I don't think they did it to my younger brother and sister either..grrr
Reply 22
My parents would smack if necessary... I think I was only "properly" smacked once, with a few other lighter ones, which were more like pats... But I NEVER wanted it to be a proper smack so behaved.

The odd smack / pat never did me any harm, and if my kids refused to listen to me, I'd do a 3 times and you get a (light) smack rule.

Part of me wishes that parents and teachers had more discipline, and some parents would listen to (repeated) teacher's concerns instead of telling their kids to carry on as are, but that's another thread somewhere along the line :p:
Reply 23
I'm afraid that I climax at just the thought of bottom spankings. I've been a very naughty boy.
Discipline is good - if anything we need more discipline. Am glad I was disciplined when I look at some of kids who's parents are junkies and neglects them and they end up in a state.

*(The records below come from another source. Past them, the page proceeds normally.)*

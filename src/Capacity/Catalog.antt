-- ===== src/Capacity/Catalog.antt =====
-- scheduling.go (UpdateNodeGroupScheduling) and catalog.go (UpdateClusterZone): what an operator
-- changes of a group's template and of a membership.
use crane_oss.Base.{
  String, Bool, not, ◌&&◌, ◌||◌, Option, none, some, ◌==◌, if◌then◌else◌, Result, ok, ◌>>=◌, ◌>>◌,
  refuse_if, or_fail,
}
use crane_oss.Base.Tables.{find, any, update}
use crane_oss.Api.{SchedulingTemplate}
use crane_oss.Agent.Registration.{Names, is_valid_scheduling}
use crane_oss.Capacity.Db.{
  Error, invalid, conflict, no_rows, Db, NodeGroup, Zone, ClusterZone, MembershipState, AccessState,
}

-- json.Valid, and the equality of jsonb values on a template and on launch parameters.
pub record Documents : Type 0 where
  pub names : Names
  pub is_json : String → Bool
  pub same_scheduling : SchedulingTemplate → SchedulingTemplate → Bool
  pub same_json : String → String → Bool

abbrev pub write_scheduling : String → String → SchedulingTemplate → String → Db → Db
write_scheduling id revision t launch db = record db {
  groups =
      update (λ (g : NodeGroup). g.id == id)
        (λ g. record g { template_revision = revision; scheduling = t; launch_parameters = launch })
        db.groups;
}

-- A repetition of the change that the group has is accepted, and nothing is written.
abbrev pub change_scheduling :
    Documents → NodeGroup → String → String → SchedulingTemplate → String → Db → Result Error Db
change_scheduling x g expected revision t launch db =
    if g.template_revision == revision
    then refuse_if
        (not (x.same_scheduling g.scheduling t && x.same_json g.launch_parameters launch)) conflict
      >> ok db
    else refuse_if (not (g.template_revision == expected)) conflict
      >> ok (write_scheduling g.id revision t launch db)

unfoldable pub update_node_group_scheduling :
    Documents → String → String → String → SchedulingTemplate → String → Db → Result Error Db
update_node_group_scheduling x id expected revision t launch db = do
  refuse_if (id == "" || expected == "" || revision == "" || not (x.is_json launch)) invalid
  g ← or_fail (find (λ (g : NodeGroup). g.id == id) db.groups) no_rows
  z ← or_fail (find (λ (z : Zone). z.id == g.zone_id) db.zones) no_rows
  refuse_if (not (is_valid_scheduling x.names t g.node_pool_id)) invalid
  refuse_if (not (t.region == z.kubernetes_region) || not (t.zone == z.kubernetes_zone)) invalid
  change_scheduling x g expected revision t launch db

-- normalizeMembership
abbrev pub membership_state : String → Option MembershipState
membership_state s =
    if s == "" || s == "requested"
    then some MembershipState.requested
    else if s == "initializing"
    then some MembershipState.initializing
    else if s == "ready"
    then some MembershipState.ready
    else if s == "failed"
    then some MembershipState.failed
    else none

abbrev pub access_state_of : String → Option AccessState
access_state_of s =
    if s == "" || s == "pending"
    then some AccessState.pending
    else if s == "approved"
    then some AccessState.approved
    else if s == "revoked"
    then some AccessState.revoked
    else none

abbrev pub is_membership : String → String → ClusterZone → Bool
is_membership cluster_id zone_id m = m.cluster_id == cluster_id && m.zone_id == zone_id

unfoldable pub update_cluster_zone : String → String → String → String → Db → Result Error Db
update_cluster_zone cluster_id zone_id lifecycle access db = do
  refuse_if (cluster_id == "" || zone_id == "") invalid
  s ← or_fail (membership_state lifecycle) invalid
  a ← or_fail (access_state_of access) invalid
  refuse_if (not (any (is_membership cluster_id zone_id) db.memberships)) no_rows
  ok (record db {
    memberships =
        update (is_membership cluster_id zone_id)
          (λ m. record m { lifecycle_state = s; access_state = a }) db.memberships;
  })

But personally, I hate being touched by my parents in any way.
Reply 25
I was smacked in John Lewis, once.

I had repeatedly concealed myself in a round clothes rack, and, after the fifth or so time it happened, my mum dragged me out and administered a swift swipe to my bottom.

It did me no end of good. I haven't hidden in any clothes racks for over seventeen years now.
Some kids plain and simple deserve to be smacked, not hard enough to leave a bruise obviously but it teaches them not to do it again far better than anything else would, the problems in todays society are far worse than in yesterdays when smacking children was a common occurence
charlotte01
As a child when i got my bottom smacked it made me resent my parents when they did it, am i the only person who has this reaction to it! I also find many of my friends weren't smacked, is this normal nowadays.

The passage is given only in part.